De acordo com pt.wedoany.com-A GXO Logistics, fornecedora global de serviços de logística contratual com sede em Greenwich, Connecticut, EUA, divulgou seu relatório financeiro do primeiro trimestre. A receita aumentou 10,8% em relação ao ano anterior, atingindo US$ 3,3 bilhões, com crescimento orgânico de 4,1%. A receita de novos negócios foi de US$ 227 milhões e o pipeline de vendas atingiu US$ 2,7 bilhões, estabelecendo um novo recorde para a empresa. Em entrevista, o CEO Patrick Kelleher afirmou que esse crescimento veio parcialmente da aquisição da Wincanton e parcialmente do crescimento orgânico de novos negócios, sendo que 4,1% são provenientes de melhorias na precificação.
Kelleher afirmou que o crescimento orgânico é a principal prioridade da GXO no futuro, ajudando a criar oportunidades de emprego e espaço para desenvolvimento de carreira para os funcionários. A lucratividade deste trimestre veio dos ganhos de produtividade em robótica, inteligência artificial e automação, com parte dos benefícios repassados aos clientes e parte retida pela empresa. Apesar dos ventos contrários geopolíticos, a atividade dos clientes não desacelerou. Fatores econômicos como tarifas podem, na verdade, atuar como catalisadores para a transformação da cadeia de suprimentos, beneficiando os negócios da empresa.

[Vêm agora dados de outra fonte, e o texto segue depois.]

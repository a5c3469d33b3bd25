-- ===== src/Study/Play/Sound.antt =====
-- What holds of every session that has been played by actions.
use hquizlet_platform.Prelude.{
  ℕ, ◌≤◌, ◌≡◌, refl, ap, ◌∙◌, sym, Bool, true, false, ◌&&◌, String, List, [], ◌∷◌, Option, some,
  all, leb, ◌==◌, arith, Option-cases, Bool-cases, or_intro_right, inl, inr,
}
use hquizlet_platform.Prelude.Int.{ℤ}
use hquizlet_platform.Prelude.Text.{byte_length}
use hquizlet_platform.Study.Model.{
  AnswerMap, ManifestItem, PageItem, set_answer, QuizSession, SessionView, ok, TextFns,
}
use hquizlet_platform.Study.View.{
  Content, is_some, is_submitted, is_seen, mark_seen, mark_all_seen, assemble, build_view,
}
use hquizlet_platform.Study.View.Kept.{build_view-inv, build_view-Kept}
use hquizlet_platform.Study.Play.{auto_submit, give_answer, perform, act_on}
use hquizlet_platform.Study.Play.Moves.{==_eq}
use hquizlet_platform.Study.Play.Steps.{
  auto_submit-cases, give_answer-cases, perform-cases, act_on-inv,
}

-- An answer to a question that was served, of at most 8000 bytes.
abbrev pub may_stand : List ℕ → ℕ × String → Bool
may_stand seen p = is_seen p.0 seen && leb (byte_length p.1) 8000

-- Every answer may stand, and the session was submitted, if it was, at some time up to `now` and to
-- its deadline.
pub record Answered (now : ℕ) (s : QuizSession) : Type 0 where
  pub served : all (may_stand s.seen) s.answers ≡ true
  pub past : (a : ℕ) → s.submitted_at ≡ some a → a ≤ now
  pub on_time : (a d : ℕ) → s.submitted_at ≡ some a → s.deadline ≡ some d → a ≤ d

all-set_answer :
    (p : ℕ × String → Bool) (i : ℕ) (a : String) (m : AnswerMap)
    → all p m ≡ true
    → p (i, a) ≡ true
    → all p (set_answer i a m) ≡ true
all-set_answer p i a [] h k = ground (arith, k)
all-set_answer p i a ((j, b) ∷ m) h k = elim (Bool-cases (j == i)) [
  | inl same ↦ rw same (ground (arith, h, k, ap (λ n. p (n, a)) (==_eq j i same)))
  | inr other ↦ rw other (ground (arith, h, k, all-set_answer p i a m))
]

is_seen-mark_seen :
    (i j : ℕ) (seen : List ℕ) → is_seen j seen ≡ true → is_seen j (mark_seen i seen) ≡ true
is_seen-mark_seen i j seen h = elim (Bool-cases (is_seen i seen)) [
  | inl old ↦ rw old h
  | inr fresh ↦ rw fresh (or_intro_right (i == j) (is_seen j seen) h)
]

is_seen-mark_all_seen :
    (is : List ℕ) (j : ℕ) (seen : List ℕ)
    → is_seen j seen ≡ true
    → is_seen j (mark_all_seen is seen) ≡ true
is_seen-mark_all_seen [] j seen h = h
is_seen-mark_all_seen (i ∷ is) j seen h =
    is_seen-mark_all_seen is j (mark_seen i seen) (is_seen-mark_seen i j seen h)

all-mark_all_seen :
    (is seen : List ℕ) (m : AnswerMap)
    → all (may_stand seen) m ≡ true
    → all (may_stand (mark_all_seen is seen)) m ≡ true
all-mark_all_seen is seen [] h = refl
all-mark_all_seen is seen ((i, a) ∷ m) h =
    ground (arith, is_seen-mark_all_seen is i seen, all-mark_all_seen is seen m)

pub later-Answered :
    (last now : ℕ) (s : QuizSession) → last ≤ now → Answered last s → Answered now s
later-Answered last now s h a = record {
  served = a.served;
  past = λ b e. omega (arith, h, a.past b e);
  on_time = a.on_time;
}

auto_submit-Answered :
    (now : ℕ) (s : QuizSession) → Answered now s → Answered now (auto_submit now s)
auto_submit-Answered now s a = elim (auto_submit-cases now s) [
  | inl kept ↦ rw kept a
  | inr (d, due, running, late, e) ↦ rw e (record {
    served = a.served;
    past = λ b m. ground (arith, m, late);
    on_time = λ b f m k. ground (arith, m, k, due);
  })
]

auto_submit-on_time :
    (now d : ℕ) (s : QuizSession)
    → is_submitted (auto_submit now s) ≡ false
    → (auto_submit now s).deadline ≡ some d
    → now ≤ d
unfolding auto_submit
auto_submit-on_time now d s running due = elim (Option-cases s.deadline) [
  | inl never ↦ ground (arith, never, running, due)
  | inr (f, k) ↦ ground (arith, k, running, due)
]

module _ (t : TextFns) where
  assemble-Answered :
      (s : QuizSession) (total : ℕ) (manifest : List ManifestItem) (i now : ℕ) (served : List ℕ)
      (page : List PageItem) (final : List (ℕ × String × Bool))
      (marks : List (ℕ × String × Option Bool))
      → Answered now s
      → Answered now (assemble t s total manifest i now served page final marks).0
  unfolding assemble
  assemble-Answered s total manifest i now served page final marks h = record {
    served = all-mark_all_seen served s.seen s.answers h.served;
    past = h.past;
    on_time = h.on_time;
  }

  build_view-Answered :
      (s x : QuizSession) (c : Content) (i now : ℕ) (inc : Bool) (v : SessionView)
      → build_view t s c i now inc ≡ some (x, v)
      → Answered now s
      → Answered now x
  build_view-Answered s x c i now inc v h a =
      let (served, page, found, made, e) = build_view-inv t s x c i now inc v h in
      rw (ap (λ p. p.0) e) (assemble-Answered s _ _ i now served page _ _ a)

  give_answer-Answered :
      (c : Content) (s x : QuizSession) (i : ℕ) (answer : String) (now : ℕ)
      → give_answer t c s i answer ≡ ok x
      → Answered now s
      → Answered now x
  give_answer-Answered c s x i answer now h a = elim (give_answer-cases t c s x i answer h) [
    | inl kept ↦ rw kept a
    | inr g ↦ rw g.effect (record {
      served =
          all-set_answer (may_stand s.seen) i answer s.answers a.served
            (ground (arith, g.served, g.short));
      past = a.past;
      on_time = a.on_time;
    })
  ]

  -- Behind the check of the deadline: a session that is still running is within it.
  perform-Answered :
      (c : Content) (s x : QuizSession) (action : String) (i : ℕ) (answer : String) (now : ℕ)
      → perform t c (auto_submit now s) action i answer now ≡ ok x
      → Answered now s
      → Answered now x
  perform-Answered c s x action i answer now h a =
      let ready = auto_submit-Answered now s a in
      elim (perform-cases t c (auto_submit now s) x action i answer now h) [
        | inl kept ↦ rw kept ready
        | inr (inl given) ↦ give_answer-Answered c (auto_submit now s) x i answer now given ready
        | inr (inr (running, e)) ↦ rw e (record {
          served = ready.served;
          past = λ b m. ground (arith, m);
          on_time = λ b d m due. ground (arith, m, auto_submit-on_time now d s running due);
        })
      ]

  pub act_on-Answered :
      (last : ℕ) (c : Content) (s x : QuizSession) (action : String) (index : ℤ) (answer : String)
      (now : ℕ) (inc : Bool) (v : SessionView)
      → act_on t c s action index answer now inc ≡ ok (x, v)
      → last ≤ now
      → Answered last s
      → Answered now x
  act_on-Answered last c s x action index answer now inc v h le a =
      let (i, played, at, done, built) = act_on-inv t c s x action index answer now inc v h in
      build_view-Answered played x c i now inc v built
        (perform-Answered c s played action i answer now done (later-Answered last now s le a))

  assemble-scored :
      (s : QuizSession) (total : ℕ) (manifest : List ManifestItem) (i now : ℕ) (served : List ℕ)
      (page : List PageItem) (final : List (ℕ × String × Bool))
      (marks : List (ℕ × String × Option Bool))
      → is_submitted s ≡ true
      → is_some (assemble t s total manifest i now served page final marks).0.completed_score ≡ true
  unfolding assemble
  assemble-scored s total manifest i now served page final marks h = rw h refl

  -- A submitted session leaves an action with a score.
  pub act_on-scored :
      (c : Content) (s x : QuizSession) (action : String) (index : ℤ) (answer : String) (now : ℕ)
      (inc : Bool) (v : SessionView)
      → act_on t c s action index answer now inc ≡ ok (x, v)
      → is_submitted x ≡ true
      → is_some x.completed_score ≡ true
  act_on-scored c s x action index answer now inc v h m =
      let (i, played, at, done, built) = act_on-inv t c s x action index answer now inc v h in
      let (served, page, found, made, e) = build_view-inv t played x c i now inc v built in
      let kept = ap (λ z. is_submitted z) (build_view-Kept t played x c i now inc v built) in
      rw (ap (λ p. p.0) e) (assemble-scored played _ _ i now served page _ _ (sym kept ∙ m))
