-- ===== src/Study/Runs.antt =====
-- The study service as its requests run: quizzes started, played, deleted and swept, progress saved,
-- expired sessions and whole sets deleted, in any order and with any failures.
pub mod Played
pub mod Created
pub mod Invariant
pub mod Fates
pub mod Finality
pub mod Recorded
mod Examples
use hquizlet_platform.Prelude.{ℕ, ◌≤◌, ◌≡◌, Bool, false, String, List, [], ◌∷◌, Option, any, str_eq}
use hquizlet_platform.Prelude.Int.{ℤ}
use hquizlet_platform.Study.Model.{
  QuizQuestion, Snapshot, QuizSession, SessionView, StartInput, Outcome, ok, TextFns,
}
use hquizlet_platform.Study.Items.{Decoder}
use hquizlet_platform.Study.Play.{act}
use hquizlet_platform.Study.Progress.{SaveInput, save_progress}
use hquizlet_platform.Study.Store.{
  StudyDb, create_session, update_session, delete_session, put_snapshot, delete_unreferenced,
  drop_all_expired, delete_set,
}
use hquizlet_platform.Study.Start.{plan_start}

-- `used` are the ids that were drawn for sessions, 192 random bits each, which do not repeat.
pub record World : Type 0 where
  pub db : StudyDb
  pub clock : ℕ
  pub used : List String

abbrev pub init : World
init = record {
  db = record {
    sessions = [];
    learning = record { rows = []; events = []; next_id = 1 };
    snapshots = [];
  };
  clock = 0;
  used = [];
}

abbrev pub is_used : String → List String → Bool
is_used id = any (λ x. str_eq x id)

module _ (t : TextFns) (json : Decoder) where
  -- What Start has planned at the time `planned` from whatever it had read is put and created later,
  -- in two transactions. An action reads its content through a cache: `get` is any of its answers.
  -- Between the time of the transaction and the time that the service reads, the clock may go on.
  pub data Step : World → World → Type 0 where
    put :
        (m : World) (snap : Snapshot)
        → Step m (record m { db = record m.db { snapshots = put_snapshot snap m.db.snapshots } })
    create :
        (m : World) (fails : Bool) (hash id : String) (u k : ℕ) (i : StartInput)
        (questions : List QuizQuestion) (bytes : List (Option ℕ)) (planned : ℕ) (snap : Snapshot)
        (s : QuizSession) (v : SessionView)
        → plan_start t json hash id u k i questions bytes planned ≡ ok (snap, s, v)
        → is_used id m.used ≡ false
        → Step m (record m { db = (create_session fails m.clock s m.db).0; used = id ∷ m.used })
    play :
        (m : World) (fails : Bool) (get : String → Outcome Snapshot) (id : String) (u k : ℕ)
        (action : String) (index : ℤ) (answer : String) (at : ℕ) (inc : Bool)
        → m.clock ≤ at
        → Step m (record m {
          db =
              (update_session fails m.clock id u k
                (λ s. act t get s action index answer at inc)
                m.db).0;
          clock = at;
        })
    remove :
        (m : World) (fails : Bool) (id : String) (u : ℕ)
        → Step m (record m { db = (delete_session fails m.clock id u m.db).0 })
    sweep :
        (m : World) (before : ℕ)
        → Step m (record m {
          db = record m.db { snapshots = delete_unreferenced before m.db.sessions m.db.snapshots };
        })
    save :
        (m : World) (fails : Bool) (owned : Option Bool) (learner : Bool) (cards : Option (List ℤ))
        (u k : ℕ) (i : SaveInput)
        → Step m (record m {
          db = record m.db {
            learning = (save_progress fails m.db.learning owned learner cards u k i).0;
          };
        })
    purge :
        (m : World)
        → Step m
            (record m { db = record m.db { sessions = drop_all_expired m.clock m.db.sessions } })
    erase :
        (m : World) (fails visible : Bool) (k : ℕ)
        → Step m (record m { db = (delete_set fails visible k m.db).0 })
    tick : (m : World) (at : ℕ) → m.clock ≤ at → Step m (record m { clock = at })

  pub data Reach (m : World) : World → Type 0 where
    here : Reach m m
    next : {n k : World} → Reach m n → Step n k → Reach m k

Em relação ao lançamento oficial do serviço Amazon Supply Chain pela Amazon esta semana, Kelleher acredita que a Amazon utiliza sua escala para vender capacidade ociosa nos segmentos de frete aéreo e encomendas, o que impacta os preços de mercado. No entanto, a logística contratual não é um negócio de capacidade, mas sim de soluções personalizadas para a cadeia de suprimentos. O mercado global de gastos com cadeia de suprimentos é de cerca de US$ 500 bilhões, dos quais aproximadamente 30% são terceirizados. Os novos negócios conquistados pela GXO e seus pares vêm da decisão das empresas de terceirizar em vez de internalizar, não envolvendo choques de precificação ou questões de capacidade. A entrada da Amazon no setor de logística contratual apenas adiciona um concorrente, sem trazer vantagens estruturais.
No campo da IA e automação, Kelleher disse que a GXO já implantou 45 projetos-piloto de robôs humanoides, planeja iniciar mais pilotos até o final do ano e está colaborando com três fornecedores. Ele prevê que os robôs humanoides desempenharão um papel importante no ambiente de armazém do futuro, com potencial para assumir funções de produção e gerar retorno sobre o investimento até 2028. O GXO IQ, atuando como uma camada de middleware que conecta sistemas operacionais e operações, permite que múltiplos agentes de IA trabalhem de forma colaborativa e está atualmente no início da curva de maturidade.
Sobre a transação da Wincanton, Kelleher afirmou que o negócio foi obstruído por um ano pelos reguladores de concorrência no Reino Unido. A integração acelerou a partir do segundo trimestre do ano passado e, atualmente, as equipes estão totalmente integradas, com a meta de integração para 2026 no caminho certo. Futuras fusões e aquisições se concentrarão na América do Norte e em verticais estratégicas como aeroespacial, defesa, tecnologia industrial e ciências da vida, com abertura para aquisições na Ásia em 2027. A alavancagem atual é de 2,5 vezes, com meta de reduzi-la para abaixo de 2 vezes até o final do ano.
Em perspectiva para o restante de 2026, Kelleher disse que a nova equipe de liderança está focada no crescimento orgânico. O pipeline de novos negócios cresceu para US$ 2,7 bilhões no primeiro trimestre, com 40% da receita de novos negócios vindo de verticais B2B como aeroespacial, defesa, ciências da vida, tecnologia e industrial.